4) Martha Turned Rachel Person
(Martha Stewart turned Rachel Ray)
Ok, this might have been me when I was in college. Remember those boys who always came to class looking like they stepped out of a suitcase that flew to Australia and back, got stuck in a rainstorm on the tarmac and was spilled on by pink kool-aid. This, of course, was not only incredbly endearing to me, but also itched at my maternal insitnct to help. I loved to bake for my friends, sew ripped shirts and I cannot tell you how many laundry lessons I gave to boys. I probably ended up folding half of their laundry with them. These are usually people who, like me, are not huge partiers, but still want to be social. You also become the hall therapist…not bad for knowing all the gossip (VB definitely gave stoner boy a sponge bath in the boys bathroom after Freshman formal!)

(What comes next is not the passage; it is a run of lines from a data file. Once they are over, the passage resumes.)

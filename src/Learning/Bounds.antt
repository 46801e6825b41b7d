-- ===== src/Learning/Bounds.antt =====
-- The thresholds that a patch may give.
use automatamain.Base.{
  ◌+◌, ◌^◌, ◌≤◌, ◌<◌, ◌≡◌, ◌⊎◌, inl, inr, arith, true, some, List, [], ◌∷◌, Option-cases,
}
use automatamain.Base.Int.{pos}
use automatamain.Base.Float.{Float, IsFloat, fmax, clamp, int, milli}
use automatamain.Score.Types.{FeatureThresholds}
use automatamain.Learning.{
  FeatureThresholdPatch, TradeBatchStats, unwrap_or, LearningConfig, Engine, Answers,
  merge_thresholds, apply_heuristics, learning_round, learning_rounds,
}

module _ {F : Type 0} where
  -- The thresholds of the operator, in the order that their comments ask for.
  pub record IsOrdered (base : FeatureThresholds F) : Type 0 where
    pub some_buyers : 1 ≤ base.buyers_low
    pub buyers : base.buyers_low < base.buyers_mid
    pub u64 : base.buyers_mid < 2 ^ 64
    pub some_smart : 1 ≤ base.smart_wallet_1plus_min
    pub smart : base.smart_wallet_1plus_min < base.smart_wallet_3plus_min

module _ {F : Type 0} ⦃fl : Float F⦄ where
  open fl use {fle, fmul}

  -- A multiplier of the volume that the merge may take.
  pub record IsMult (base t : FeatureThresholds F) (m : F) : Type 0 where
    pub low : fle (milli 850) m ≡ true
    pub high : fle m (milli 1150) ≡ true
    pub volume : t.volume_ok_sol ≡ fmax (fmul base.volume_ok_sol m) (int 1)

  -- The merged thresholds next to those of the operator.
  pub record IsSafe (base t : FeatureThresholds F) : Type 0 where
    pub some_buyers : 1 ≤ t.buyers_low
    pub buyers : t.buyers_low < base.buyers_mid
    pub not_far_below : base.buyers_low ≤ t.buyers_low + 2
    pub not_far_above : t.buyers_low ≤ base.buyers_low + 2
    pub smart : t.smart_wallet_1plus_min < t.smart_wallet_3plus_min
    pub smart_range :
        (t.smart_wallet_3plus_min ≡ base.smart_wallet_3plus_min)
        ⊎ ((2 ≤ t.smart_wallet_3plus_min) × (t.smart_wallet_3plus_min ≤ 8))
    pub volume : (t.volume_ok_sol ≡ base.volume_ok_sol) ⊎ ((m : F) × IsMult base t m)
    pub others : t ≡ record base {
      buyers_low = t.buyers_low;
      volume_ok_sol = t.volume_ok_sol;
      smart_wallet_3plus_min = t.smart_wallet_3plus_min;
      smart_wallet_1plus_min = t.smart_wallet_1plus_min;
    }

  -- The multiplier of a patch is a number.
  abbrev pub IsNumber : FeatureThresholdPatch F → Type 0
  IsNumber patch = (m : F) → patch.volume_ok_sol_mult ≡ some m → fle m m ≡ true

module _ {F : Type 0} ⦃fl : Float F⦄ ⦃law : IsFloat F⦄ where
  open fl use {fle, fmul}

  clamp_range :
      (m : F)
      → fle m m ≡ true
      → (fle (milli 850) (clamp m (milli 850) (milli 1150)) ≡ true)
        × (fle (clamp m (milli 850) (milli 1150)) (milli 1150) ≡ true)
  clamp_range m number = ground (
    arith,
    number,
    law.lit_le (pos 850_000) (pos 850_000) (omega arith),
    law.lit_le (pos 850_000) (pos 1_150_000) (omega arith),
    law.lit_le (pos 1_150_000) (pos 1_150_000) (omega arith),
    law.fle_total m (milli 850),
    law.fle_total m (milli 1150),
  )

  merge_thresholds-IsSafe :
      (base : FeatureThresholds F) (patch : FeatureThresholdPatch F)
      → IsOrdered base
      → IsNumber patch
      → IsSafe base (merge_thresholds base patch)
  unfolding merge_thresholds
  merge_thresholds-IsSafe base patch v number = record {
    some_buyers = ground (arith, v);
    buyers = ground (arith, v);
    not_far_below = ground (arith, v);
    not_far_above = ground (arith, v);
    smart = ground (arith, v);
    smart_range = ground arith;
    volume = elim (Option-cases patch.volume_ok_sol_mult) [
      | inl none_set ↦ inl (ground (arith, none_set))
      | inr (m, is_set) ↦
          let range = clamp_range m (number m is_set) in
          inr (
            clamp m (milli 850) (milli 1150),
            record { low = range.0; high = range.1; volume = ground (arith, is_set) },
          )
    ];
    others = ground arith;
  }

  heuristics-IsNumber :
      (base : FeatureThresholds F) (stats : TradeBatchStats F) (patch : FeatureThresholdPatch F)
      → IsNumber patch
      → IsNumber (apply_heuristics base stats patch)
  unfolding apply_heuristics
  heuristics-IsNumber base stats patch number m e =
      let raised = fmul (unwrap_or patch.volume_ok_sol_mult (int 1)) (milli 1050) in
      ground (
        arith,
        e,
        number m,
        law.lit_le (pos 1_150_000) (pos 1_150_000) (omega arith),
        law.fle_refl raised (milli 1150),
        law.fle_refl (milli 1150) raised,
      )

  round-IsNumber :
      (cfg : LearningConfig) (base : FeatureThresholds F) (answers : Answers F) (e : Engine F)
      → IsNumber e.overrides.patch
      → IsNumber (learning_round cfg base answers e).overrides.patch
  unfolding learning_round
  round-IsNumber cfg base answers e number = elim (Option-cases answers.stats) [
    | inl none_read ↦ ground (arith, none_read, number)
    | inr (stats, read) ↦
        ground (arith, read, number, heuristics-IsNumber base stats e.overrides.patch number)
  ]

  rounds-IsNumber :
      (cfg : LearningConfig) (base : FeatureThresholds F) (rounds : List (Answers F)) (e : Engine F)
      → IsNumber e.overrides.patch
      → IsNumber (learning_rounds cfg base rounds e).overrides.patch
  rounds-IsNumber cfg base [] e number = number
  rounds-IsNumber cfg base (answers ∷ rest) e number =
      rounds-IsNumber cfg base rest (learning_round cfg base answers e)
        (round-IsNumber cfg base answers e number)

  -- Over any rounds of the optimizer, whatever the database and the disk answer, from a file whose
  -- multiplier is a number if it has one, the merged thresholds stay next to ordered thresholds of the
  -- operator: the least buyers are between one and the middle count, within two of the operator's; the
  -- smart buckets are in order, and the upper one is the operator's or between 2 and 8; the volume is
  -- the operator's, or that times a multiplier between 0.85 and 1.15 and at least 1; all else is the
  -- operator's.
  pub learned-IsSafe :
      (cfg : LearningConfig) (base : FeatureThresholds F) (rounds : List (Answers F)) (e : Engine F)
      → IsOrdered base
      → IsNumber e.overrides.patch
      → IsSafe base (merge_thresholds base (learning_rounds cfg base rounds e).overrides.patch)
  learned-IsSafe cfg base rounds e v number =
      merge_thresholds-IsSafe base (learning_rounds cfg base rounds e).overrides.patch v
        (rounds-IsNumber cfg base rounds e number)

5) The Chasing Suma Person
I might have been a little of this too–as much as I hate to admit it. Suma Cum Laude is the highest honors you can get at most Universities. Chasing Suma’s are the people who come to school ready to graduate, go to grad school, get a high paying job and retire by the time they are 30 (unless they plan on becoming president). They study a lot, join a bunch of important clubs and run for student council.

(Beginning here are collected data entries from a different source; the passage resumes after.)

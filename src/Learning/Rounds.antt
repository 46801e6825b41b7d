-- ===== src/Learning/Rounds.antt =====
-- What the least number of buyers does over many batches.
use automatamain.Base.{
  ℕ, ◌+◌, ◌-◌, ◌^◌, ◌≤◌, ◌<◌, min, max, ◌≡◌, refl, arith, true, none, List, [], ◌∷◌, ◌++◌, length,
  All,
}
use automatamain.Base.Int.{pos}
use automatamain.Base.Float.{Float, IsFloat, flt, milli}
use automatamain.Score.Types.{FeatureThresholds}
use automatamain.Learning.{
  FeatureThresholdPatch, TradeBatchStats, unwrap_or, saturating_add, winrate_of, merge_thresholds,
  apply_heuristics,
}

module _ {F : Type 0} ⦃fl : Float F⦄ where
  open fl use {fle}

  -- The patch after one batch after another.
  abbrev pub apply_all :
      FeatureThresholds F
      → List (TradeBatchStats F)
      → FeatureThresholdPatch F
      → FeatureThresholdPatch F
  apply_all base [] patch = patch
  apply_all base (stats ∷ rest) patch = apply_all base rest (apply_heuristics base stats patch)

  pub record IsLosing (stats : TradeBatchStats F) : Type 0 where
    pub enough : 2 ≤ stats.n
    pub low : flt (winrate_of stats) (milli 480) ≡ true

  pub record IsWinning (stats : TradeBatchStats F) : Type 0 where
    pub enough : 2 ≤ stats.n
    pub high : flt (milli 620) (winrate_of stats) ≡ true

  abbrev target : FeatureThresholds F → FeatureThresholdPatch F → ℕ
  target base patch = unwrap_or patch.buyers_low base.buyers_low

  losing-target :
      (base : FeatureThresholds F) (stats : TradeBatchStats F) (patch : FeatureThresholdPatch F)
      → IsLosing stats
      → target base (apply_heuristics base stats patch) ≡ saturating_add (target base patch) 1
  unfolding apply_heuristics
  losing-target base stats patch v = ground (arith, v)

  losing_targets :
      (base : FeatureThresholds F) (batches : List (TradeBatchStats F))
      (patch : FeatureThresholdPatch F)
      → All IsLosing batches
      → target base patch + length batches < 2 ^ 64
      → target base (apply_all base batches patch) ≡ target base patch + length batches
  losing_targets base [] patch v h = omega arith
  losing_targets base (stats ∷ rest) patch (v, vs) h =
      let next = apply_heuristics base stats patch in
      ground (arith, h, losing-target base stats patch v, losing_targets base rest next vs)

  apply-append :
      (base : FeatureThresholds F) (xs ys : List (TradeBatchStats F))
      (patch : FeatureThresholdPatch F)
      → apply_all base (xs ++ ys) patch ≡ apply_all base ys (apply_all base xs patch)
  apply-append base [] ys patch = refl
  apply-append base (x ∷ xs) ys patch = apply-append base xs ys (apply_heuristics base x patch)

  -- A target over the clamp is cut to it.
  merge-target :
      (base : FeatureThresholds F) (patch : FeatureThresholdPatch F)
      → base.buyers_low + 2 ≤ target base patch
      → target base patch < 2 ^ 64
      → (merge_thresholds base patch).buyers_low
        ≡ min (base.buyers_low + 2) (max (base.buyers_mid - 1) 1)
  unfolding merge_thresholds
  merge-target base patch far u64 = ground (arith, far, u64)

module _ {F : Type 0} ⦃fl : Float F⦄ ⦃law : IsFloat F⦄ where
  open fl use {fle}

  winning-target :
      (base : FeatureThresholds F) (stats : TradeBatchStats F) (patch : FeatureThresholdPatch F)
      → IsWinning stats
      → target base (apply_heuristics base stats patch) ≡ max (target base patch - 1) 1
  unfolding apply_heuristics
  winning-target base stats patch v = ground (
    arith,
    v,
    law.fle_trans (milli 620) (winrate_of stats) (milli 480),
    law.lit_gt (pos 620_000) (pos 480_000) refl (omega arith) (omega arith),
  )

  winning_targets :
      (base : FeatureThresholds F) (batches : List (TradeBatchStats F))
      (patch : FeatureThresholdPatch F)
      → All IsWinning batches
      → length batches < target base patch
      → target base (apply_all base batches patch) ≡ target base patch - length batches
  winning_targets base [] patch v h = omega arith
  winning_targets base (stats ∷ rest) patch (v, vs) h =
      let next = apply_heuristics base stats patch in
      ground (arith, h, winning-target base stats patch v, winning_targets base rest next vs)

  -- After batches with a winrate below 0.48, from a patch that leaves the least number of buyers, as
  -- many batches with a winrate over 0.62, less two, change nothing: the merged number stays at the top
  -- of its range, two over the operator's or one below the middle count.
  pub buyers_windup :
      (base : FeatureThresholds F) (losing winning : List (TradeBatchStats F))
      (patch : FeatureThresholdPatch F)
      → All IsLosing losing
      → All IsWinning winning
      → patch.buyers_low ≡ none
      → base.buyers_low + length losing < 2 ^ 64
      → length winning + 2 ≤ length losing
      → (merge_thresholds base (apply_all base (losing ++ winning) patch)).buyers_low
        ≡ min (base.buyers_low + 2) (max (base.buyers_mid - 1) 1)
  buyers_windup base losing winning patch l w fresh u64 fewer =
      let mid = apply_all base losing patch in
      let up = losing_targets base losing patch l (ground (arith, fresh, u64)) in
      let down = winning_targets base winning mid w (ground (arith, up, fresh, fewer)) in
      rw (apply-append base losing winning patch) (
        merge-target base (apply_all base winning mid) (ground (arith, up, down, fresh, fewer))
          (ground (arith, up, down, fresh, fewer, u64)))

6) The ‘What Was That Girl’s Name’ Person
I had one of these girls on my floor, but for the life of me I cannot remember her name. These are the people who tend to be around a lot, but are really afraid of breaking anything (a window, their ankle, their heart) and tend to be tentative about everything and anything from taking a vodka shot to raising their hand in class.
Of course, there is a bit of a mixture of all of these fabulous people in everyone.
Essential College Slang and Freshman Lingo:
Luge: This is when you get a huge block of ice with two or three grooves carved in the sloped sides. Someone kneels and puts their mouth to the bottom of the luge or ice canal and someone else pours a shot or alcohol from the top of the ice canal so the liquid is chilled before it reaches the person’s mouth. (um, hello brain freeze?)
Chiefing: References above. This is when someone falls asleep and others draw penises/female anatomy/other male anatomy all over their face/neck/body with Sharpie…or if they are nice regular markers (but who has regular markers in college).
Milking: Ok, I made this one up, but this is in honor of one of my friends who chugged two gallons of milk so that he would have to puke in the middle of his Chemistry test…and sure way to get out of not studying (and having everyone in class hate you because the smell is putrid).
Tent boxing: I used to love building tents at sleepovers when I was little, but the magnificent tents I saw built during college do not even compare to what we did with three couch cushions and my Barbie sleeping bag as a 7 year-old. Tent hot-boxing is when people build elaborate and padded tents (or just used zipped up sleeping bags) and then smoke pot inside them to keep the smoke in to get high faster.
Keg stand: When someone gets held up by their ankles doing a ‘hand stand’ on top of the keg while they drink. I never really understood this, can’t you drink more standing right-side up instead of upside down, so gravity works with you?
Security: In college this tends to mean something different than in real life. If a frat party hired ‘security’ it was usually an off duty cop who was paid an exorbitant amount of money by rich college kids to stand outside and make sure now real cops came by (or to kick out anyone who was stealing).